### Directions
Every line from the one with "-- What a call" to the one with "pipe_in m p", including those two, is to be copied exactly; all other lines of the entries below are left out.
+++ Exercise data
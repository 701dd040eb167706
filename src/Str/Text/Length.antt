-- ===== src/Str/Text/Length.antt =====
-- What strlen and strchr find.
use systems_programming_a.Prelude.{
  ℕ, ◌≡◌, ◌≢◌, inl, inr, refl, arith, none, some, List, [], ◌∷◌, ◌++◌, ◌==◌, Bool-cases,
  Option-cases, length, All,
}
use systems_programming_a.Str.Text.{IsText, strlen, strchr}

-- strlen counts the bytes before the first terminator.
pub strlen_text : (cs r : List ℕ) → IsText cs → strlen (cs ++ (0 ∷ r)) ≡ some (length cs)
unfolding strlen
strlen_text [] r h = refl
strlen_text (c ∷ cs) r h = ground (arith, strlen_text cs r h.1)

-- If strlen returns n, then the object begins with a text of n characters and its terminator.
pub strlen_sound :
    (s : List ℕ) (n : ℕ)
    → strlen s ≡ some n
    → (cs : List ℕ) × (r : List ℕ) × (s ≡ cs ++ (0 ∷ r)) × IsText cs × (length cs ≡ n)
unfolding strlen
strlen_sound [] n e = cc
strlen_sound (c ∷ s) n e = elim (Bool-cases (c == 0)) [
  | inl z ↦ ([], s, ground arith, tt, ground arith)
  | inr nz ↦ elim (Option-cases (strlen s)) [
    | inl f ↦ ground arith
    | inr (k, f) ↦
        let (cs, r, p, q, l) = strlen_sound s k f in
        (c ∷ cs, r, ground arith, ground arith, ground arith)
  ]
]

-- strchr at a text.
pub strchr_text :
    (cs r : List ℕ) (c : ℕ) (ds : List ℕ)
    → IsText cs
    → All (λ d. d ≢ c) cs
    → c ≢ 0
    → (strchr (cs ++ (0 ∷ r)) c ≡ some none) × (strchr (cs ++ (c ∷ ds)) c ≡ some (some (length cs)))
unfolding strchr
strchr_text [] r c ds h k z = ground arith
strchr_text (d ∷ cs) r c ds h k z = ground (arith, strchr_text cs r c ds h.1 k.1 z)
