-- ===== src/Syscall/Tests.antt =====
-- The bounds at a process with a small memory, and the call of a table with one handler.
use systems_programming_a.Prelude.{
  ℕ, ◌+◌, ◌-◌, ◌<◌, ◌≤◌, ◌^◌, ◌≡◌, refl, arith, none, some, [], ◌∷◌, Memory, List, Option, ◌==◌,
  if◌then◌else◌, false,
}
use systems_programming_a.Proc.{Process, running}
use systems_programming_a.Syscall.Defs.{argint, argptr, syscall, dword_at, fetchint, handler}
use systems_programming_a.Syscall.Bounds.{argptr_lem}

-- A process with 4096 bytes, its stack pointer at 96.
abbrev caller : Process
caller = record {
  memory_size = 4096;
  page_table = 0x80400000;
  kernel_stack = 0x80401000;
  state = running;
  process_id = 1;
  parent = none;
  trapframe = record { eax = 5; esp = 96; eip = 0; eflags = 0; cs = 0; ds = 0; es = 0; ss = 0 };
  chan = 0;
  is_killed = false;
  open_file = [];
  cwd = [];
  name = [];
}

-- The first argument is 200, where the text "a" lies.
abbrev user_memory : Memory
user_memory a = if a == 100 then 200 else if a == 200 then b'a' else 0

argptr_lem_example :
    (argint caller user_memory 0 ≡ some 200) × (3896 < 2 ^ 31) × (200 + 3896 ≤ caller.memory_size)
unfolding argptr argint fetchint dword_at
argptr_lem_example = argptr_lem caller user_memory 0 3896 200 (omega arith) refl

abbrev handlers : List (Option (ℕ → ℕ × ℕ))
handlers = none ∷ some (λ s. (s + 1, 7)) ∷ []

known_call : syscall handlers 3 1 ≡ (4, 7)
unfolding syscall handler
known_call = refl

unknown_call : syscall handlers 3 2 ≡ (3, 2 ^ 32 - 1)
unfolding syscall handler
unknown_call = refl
++++++
+++ Exercise data
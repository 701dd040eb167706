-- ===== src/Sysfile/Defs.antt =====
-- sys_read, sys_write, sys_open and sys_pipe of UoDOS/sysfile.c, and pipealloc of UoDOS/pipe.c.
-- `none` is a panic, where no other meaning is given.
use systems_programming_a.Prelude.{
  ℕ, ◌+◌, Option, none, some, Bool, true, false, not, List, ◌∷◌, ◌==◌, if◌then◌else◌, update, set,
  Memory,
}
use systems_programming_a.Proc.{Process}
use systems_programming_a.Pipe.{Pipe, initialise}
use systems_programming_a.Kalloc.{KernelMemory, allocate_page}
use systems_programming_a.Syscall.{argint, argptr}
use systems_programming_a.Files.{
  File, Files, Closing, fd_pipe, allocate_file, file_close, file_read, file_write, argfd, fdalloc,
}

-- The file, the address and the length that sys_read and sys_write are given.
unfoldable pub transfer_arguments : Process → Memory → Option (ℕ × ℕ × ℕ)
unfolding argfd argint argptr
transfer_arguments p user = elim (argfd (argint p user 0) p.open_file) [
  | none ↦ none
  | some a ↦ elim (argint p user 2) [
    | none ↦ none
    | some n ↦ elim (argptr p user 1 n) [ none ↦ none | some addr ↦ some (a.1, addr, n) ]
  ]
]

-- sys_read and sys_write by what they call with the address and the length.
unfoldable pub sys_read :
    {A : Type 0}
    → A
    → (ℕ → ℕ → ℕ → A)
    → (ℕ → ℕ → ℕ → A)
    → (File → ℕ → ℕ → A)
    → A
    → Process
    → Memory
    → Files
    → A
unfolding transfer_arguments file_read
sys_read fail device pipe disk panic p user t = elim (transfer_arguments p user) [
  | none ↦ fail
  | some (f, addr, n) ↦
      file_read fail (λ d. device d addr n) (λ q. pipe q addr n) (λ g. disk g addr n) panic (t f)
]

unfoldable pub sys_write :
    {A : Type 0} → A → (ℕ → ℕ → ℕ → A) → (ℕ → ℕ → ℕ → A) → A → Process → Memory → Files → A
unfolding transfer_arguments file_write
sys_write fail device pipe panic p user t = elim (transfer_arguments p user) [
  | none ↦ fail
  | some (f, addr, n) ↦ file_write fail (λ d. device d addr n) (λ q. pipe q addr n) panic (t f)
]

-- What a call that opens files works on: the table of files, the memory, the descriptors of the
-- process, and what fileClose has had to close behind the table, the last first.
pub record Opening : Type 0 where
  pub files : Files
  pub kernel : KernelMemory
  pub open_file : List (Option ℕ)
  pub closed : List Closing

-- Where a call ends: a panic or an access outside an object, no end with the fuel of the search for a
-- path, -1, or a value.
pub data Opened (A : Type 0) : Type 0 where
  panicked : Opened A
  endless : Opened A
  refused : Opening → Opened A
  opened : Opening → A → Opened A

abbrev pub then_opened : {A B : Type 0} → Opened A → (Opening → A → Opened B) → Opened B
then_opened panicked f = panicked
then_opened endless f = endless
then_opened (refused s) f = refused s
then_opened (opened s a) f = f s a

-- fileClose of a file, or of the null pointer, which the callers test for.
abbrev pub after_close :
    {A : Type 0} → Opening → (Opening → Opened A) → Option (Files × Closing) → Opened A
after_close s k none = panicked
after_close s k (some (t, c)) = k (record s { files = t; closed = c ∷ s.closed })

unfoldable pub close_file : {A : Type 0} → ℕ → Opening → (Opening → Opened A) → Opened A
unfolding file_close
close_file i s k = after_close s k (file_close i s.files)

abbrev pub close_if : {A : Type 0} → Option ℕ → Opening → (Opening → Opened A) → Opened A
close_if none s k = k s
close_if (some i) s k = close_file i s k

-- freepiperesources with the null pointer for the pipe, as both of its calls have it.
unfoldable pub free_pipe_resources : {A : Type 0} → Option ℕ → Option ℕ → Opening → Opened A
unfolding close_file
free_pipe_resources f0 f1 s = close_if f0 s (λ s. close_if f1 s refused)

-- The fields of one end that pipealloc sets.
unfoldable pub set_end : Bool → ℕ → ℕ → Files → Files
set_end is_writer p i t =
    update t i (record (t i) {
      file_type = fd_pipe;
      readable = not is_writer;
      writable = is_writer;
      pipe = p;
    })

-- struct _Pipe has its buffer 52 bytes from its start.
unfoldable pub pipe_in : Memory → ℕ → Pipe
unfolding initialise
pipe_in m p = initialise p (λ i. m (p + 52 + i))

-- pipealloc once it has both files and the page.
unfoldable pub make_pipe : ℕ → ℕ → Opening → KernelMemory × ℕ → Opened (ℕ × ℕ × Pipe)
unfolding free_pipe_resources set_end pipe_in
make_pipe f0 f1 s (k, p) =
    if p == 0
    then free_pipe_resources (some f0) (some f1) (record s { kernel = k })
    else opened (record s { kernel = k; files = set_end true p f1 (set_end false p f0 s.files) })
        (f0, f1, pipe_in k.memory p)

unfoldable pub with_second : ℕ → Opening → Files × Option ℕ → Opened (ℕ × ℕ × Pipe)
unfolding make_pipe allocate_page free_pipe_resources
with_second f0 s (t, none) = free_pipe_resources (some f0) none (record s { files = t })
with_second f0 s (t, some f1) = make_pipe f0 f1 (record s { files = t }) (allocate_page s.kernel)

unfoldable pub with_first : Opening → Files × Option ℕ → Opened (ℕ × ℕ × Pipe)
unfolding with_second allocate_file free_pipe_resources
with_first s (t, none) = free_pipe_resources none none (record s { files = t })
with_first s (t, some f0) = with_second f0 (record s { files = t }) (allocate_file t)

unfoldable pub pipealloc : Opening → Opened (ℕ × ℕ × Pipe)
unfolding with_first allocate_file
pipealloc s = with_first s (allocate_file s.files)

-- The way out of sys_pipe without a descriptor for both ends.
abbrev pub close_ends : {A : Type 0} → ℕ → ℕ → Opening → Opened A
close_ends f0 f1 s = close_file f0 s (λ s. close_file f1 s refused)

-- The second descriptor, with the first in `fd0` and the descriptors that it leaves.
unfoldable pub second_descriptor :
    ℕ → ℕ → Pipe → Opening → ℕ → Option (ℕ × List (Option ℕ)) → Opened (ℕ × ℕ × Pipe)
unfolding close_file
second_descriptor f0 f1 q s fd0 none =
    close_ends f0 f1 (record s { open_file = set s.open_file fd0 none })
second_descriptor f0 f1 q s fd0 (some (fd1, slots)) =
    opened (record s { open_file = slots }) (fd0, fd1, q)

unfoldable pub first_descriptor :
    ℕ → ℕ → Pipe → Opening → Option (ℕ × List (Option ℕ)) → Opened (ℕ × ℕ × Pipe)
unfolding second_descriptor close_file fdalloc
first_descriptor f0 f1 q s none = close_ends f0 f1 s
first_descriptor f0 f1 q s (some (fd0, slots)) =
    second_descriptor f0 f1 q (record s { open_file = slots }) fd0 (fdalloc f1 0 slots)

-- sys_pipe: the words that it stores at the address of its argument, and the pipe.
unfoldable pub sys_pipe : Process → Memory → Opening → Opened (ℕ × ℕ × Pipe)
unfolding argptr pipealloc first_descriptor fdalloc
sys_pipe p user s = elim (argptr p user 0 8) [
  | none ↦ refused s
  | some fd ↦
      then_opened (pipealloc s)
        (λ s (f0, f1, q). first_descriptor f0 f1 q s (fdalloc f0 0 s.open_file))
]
++++++
+++ Exercise data
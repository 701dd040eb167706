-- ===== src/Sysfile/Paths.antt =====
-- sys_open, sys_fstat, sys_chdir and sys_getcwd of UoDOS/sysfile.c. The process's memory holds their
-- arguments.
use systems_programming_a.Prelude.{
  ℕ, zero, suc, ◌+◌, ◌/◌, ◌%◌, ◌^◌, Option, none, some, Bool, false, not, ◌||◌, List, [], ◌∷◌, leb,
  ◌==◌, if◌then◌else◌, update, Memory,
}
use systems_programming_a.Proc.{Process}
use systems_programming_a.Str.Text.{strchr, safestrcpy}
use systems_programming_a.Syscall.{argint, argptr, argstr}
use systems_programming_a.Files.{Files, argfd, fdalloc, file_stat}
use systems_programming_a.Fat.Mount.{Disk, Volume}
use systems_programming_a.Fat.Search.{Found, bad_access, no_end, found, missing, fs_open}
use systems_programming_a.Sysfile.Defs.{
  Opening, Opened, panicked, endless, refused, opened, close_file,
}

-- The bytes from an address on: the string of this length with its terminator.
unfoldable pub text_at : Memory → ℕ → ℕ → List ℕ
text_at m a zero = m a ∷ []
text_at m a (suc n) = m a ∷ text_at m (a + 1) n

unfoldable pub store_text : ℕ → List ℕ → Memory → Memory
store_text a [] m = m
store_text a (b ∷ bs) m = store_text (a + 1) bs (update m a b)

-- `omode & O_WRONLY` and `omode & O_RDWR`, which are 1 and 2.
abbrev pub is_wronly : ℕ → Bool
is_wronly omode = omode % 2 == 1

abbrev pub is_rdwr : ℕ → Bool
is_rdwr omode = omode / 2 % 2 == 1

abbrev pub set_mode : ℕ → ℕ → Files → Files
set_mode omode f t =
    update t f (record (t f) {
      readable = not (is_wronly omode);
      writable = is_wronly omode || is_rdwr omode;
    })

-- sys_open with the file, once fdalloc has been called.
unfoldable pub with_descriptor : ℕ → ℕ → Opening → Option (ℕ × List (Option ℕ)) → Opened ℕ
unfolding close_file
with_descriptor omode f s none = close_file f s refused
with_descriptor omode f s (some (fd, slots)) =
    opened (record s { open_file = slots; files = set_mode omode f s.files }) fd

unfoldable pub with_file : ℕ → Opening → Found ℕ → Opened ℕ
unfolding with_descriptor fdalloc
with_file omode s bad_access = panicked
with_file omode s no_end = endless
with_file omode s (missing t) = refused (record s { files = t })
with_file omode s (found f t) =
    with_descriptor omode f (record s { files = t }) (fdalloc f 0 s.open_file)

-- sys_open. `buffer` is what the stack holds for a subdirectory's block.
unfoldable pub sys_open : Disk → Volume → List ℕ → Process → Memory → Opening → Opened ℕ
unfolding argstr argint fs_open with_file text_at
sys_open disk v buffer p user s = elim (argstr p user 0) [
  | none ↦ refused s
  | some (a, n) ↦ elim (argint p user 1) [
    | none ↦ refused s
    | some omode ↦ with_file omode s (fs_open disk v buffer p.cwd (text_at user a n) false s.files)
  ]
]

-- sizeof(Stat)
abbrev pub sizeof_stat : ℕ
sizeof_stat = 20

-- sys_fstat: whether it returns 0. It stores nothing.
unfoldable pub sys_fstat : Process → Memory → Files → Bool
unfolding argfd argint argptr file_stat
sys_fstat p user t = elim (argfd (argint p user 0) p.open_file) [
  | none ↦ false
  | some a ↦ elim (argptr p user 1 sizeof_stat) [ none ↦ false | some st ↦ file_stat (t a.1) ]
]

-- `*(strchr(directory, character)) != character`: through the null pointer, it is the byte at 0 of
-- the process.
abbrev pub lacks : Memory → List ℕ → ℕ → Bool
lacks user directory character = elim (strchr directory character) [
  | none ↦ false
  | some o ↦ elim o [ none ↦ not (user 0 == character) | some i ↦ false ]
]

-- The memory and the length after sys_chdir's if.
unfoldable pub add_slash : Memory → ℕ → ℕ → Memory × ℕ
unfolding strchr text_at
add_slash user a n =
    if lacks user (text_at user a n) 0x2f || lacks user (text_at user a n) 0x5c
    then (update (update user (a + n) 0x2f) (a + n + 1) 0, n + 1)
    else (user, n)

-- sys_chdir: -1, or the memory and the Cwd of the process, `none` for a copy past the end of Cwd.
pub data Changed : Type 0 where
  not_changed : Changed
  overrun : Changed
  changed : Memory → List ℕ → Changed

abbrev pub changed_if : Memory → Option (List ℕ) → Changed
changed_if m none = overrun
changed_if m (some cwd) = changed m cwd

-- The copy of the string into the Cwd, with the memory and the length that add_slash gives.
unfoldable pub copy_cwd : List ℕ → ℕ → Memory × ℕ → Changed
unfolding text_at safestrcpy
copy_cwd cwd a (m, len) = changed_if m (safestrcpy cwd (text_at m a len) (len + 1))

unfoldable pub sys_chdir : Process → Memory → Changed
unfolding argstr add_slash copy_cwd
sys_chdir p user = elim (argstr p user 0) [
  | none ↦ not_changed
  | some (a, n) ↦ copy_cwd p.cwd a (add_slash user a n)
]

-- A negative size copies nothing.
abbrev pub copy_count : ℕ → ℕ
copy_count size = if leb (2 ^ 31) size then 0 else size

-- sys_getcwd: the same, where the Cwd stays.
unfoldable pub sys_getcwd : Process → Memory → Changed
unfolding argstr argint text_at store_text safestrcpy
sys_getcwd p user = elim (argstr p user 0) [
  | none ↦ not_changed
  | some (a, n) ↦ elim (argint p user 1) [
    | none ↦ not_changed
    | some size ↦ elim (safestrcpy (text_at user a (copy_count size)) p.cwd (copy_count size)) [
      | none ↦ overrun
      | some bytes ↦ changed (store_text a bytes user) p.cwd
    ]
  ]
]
++++++
### Exercise output
-- What a call that opens files works on: the table of files, the memory, the descriptors of the
-- process, and what fileClose has had to close behind the table, the last first.
pub record Opening : Type 0 where
  pub files : Files
  pub kernel : KernelMemory
  pub open_file : List (Option ℕ)
  pub closed : List Closing

-- Where a call ends: a panic or an access outside an object, no end with the fuel of the search for a
-- path, -1, or a value.
pub data Opened (A : Type 0) : Type 0 where
  panicked : Opened A
  endless : Opened A
  refused : Opening → Opened A
  opened : Opening → A → Opened A

abbrev pub then_opened : {A B : Type 0} → Opened A → (Opening → A → Opened B) → Opened B
then_opened panicked f = panicked
then_opened endless f = endless
then_opened (refused s) f = refused s
then_opened (opened s a) f = f s a

-- fileClose of a file, or of the null pointer, which the callers test for.
abbrev pub after_close :
    {A : Type 0} → Opening → (Opening → Opened A) → Option (Files × Closing) → Opened A
after_close s k none = panicked
after_close s k (some (t, c)) = k (record s { files = t; closed = c ∷ s.closed })

unfoldable pub close_file : {A : Type 0} → ℕ → Opening → (Opening → Opened A) → Opened A
unfolding file_close
close_file i s k = after_close s k (file_close i s.files)

abbrev pub close_if : {A : Type 0} → Option ℕ → Opening → (Opening → Opened A) → Opened A
close_if none s k = k s
close_if (some i) s k = close_file i s k

-- freepiperesources with the null pointer for the pipe, as both of its calls have it.
unfoldable pub free_pipe_resources : {A : Type 0} → Option ℕ → Option ℕ → Opening → Opened A
unfolding close_file
free_pipe_resources f0 f1 s = close_if f0 s (λ s. close_if f1 s refused)

-- The fields of one end that pipealloc sets.
unfoldable pub set_end : Bool → ℕ → ℕ → Files → Files
set_end is_writer p i t =
    update t i (record (t i) {
      file_type = fd_pipe;
      readable = not is_writer;
      writable = is_writer;
      pipe = p;
    })

-- struct _Pipe has its buffer 52 bytes from its start.
unfoldable pub pipe_in : Memory → ℕ → Pipe
unfolding initialise
pipe_in m p = initialise p (λ i. m (p + 52 + i))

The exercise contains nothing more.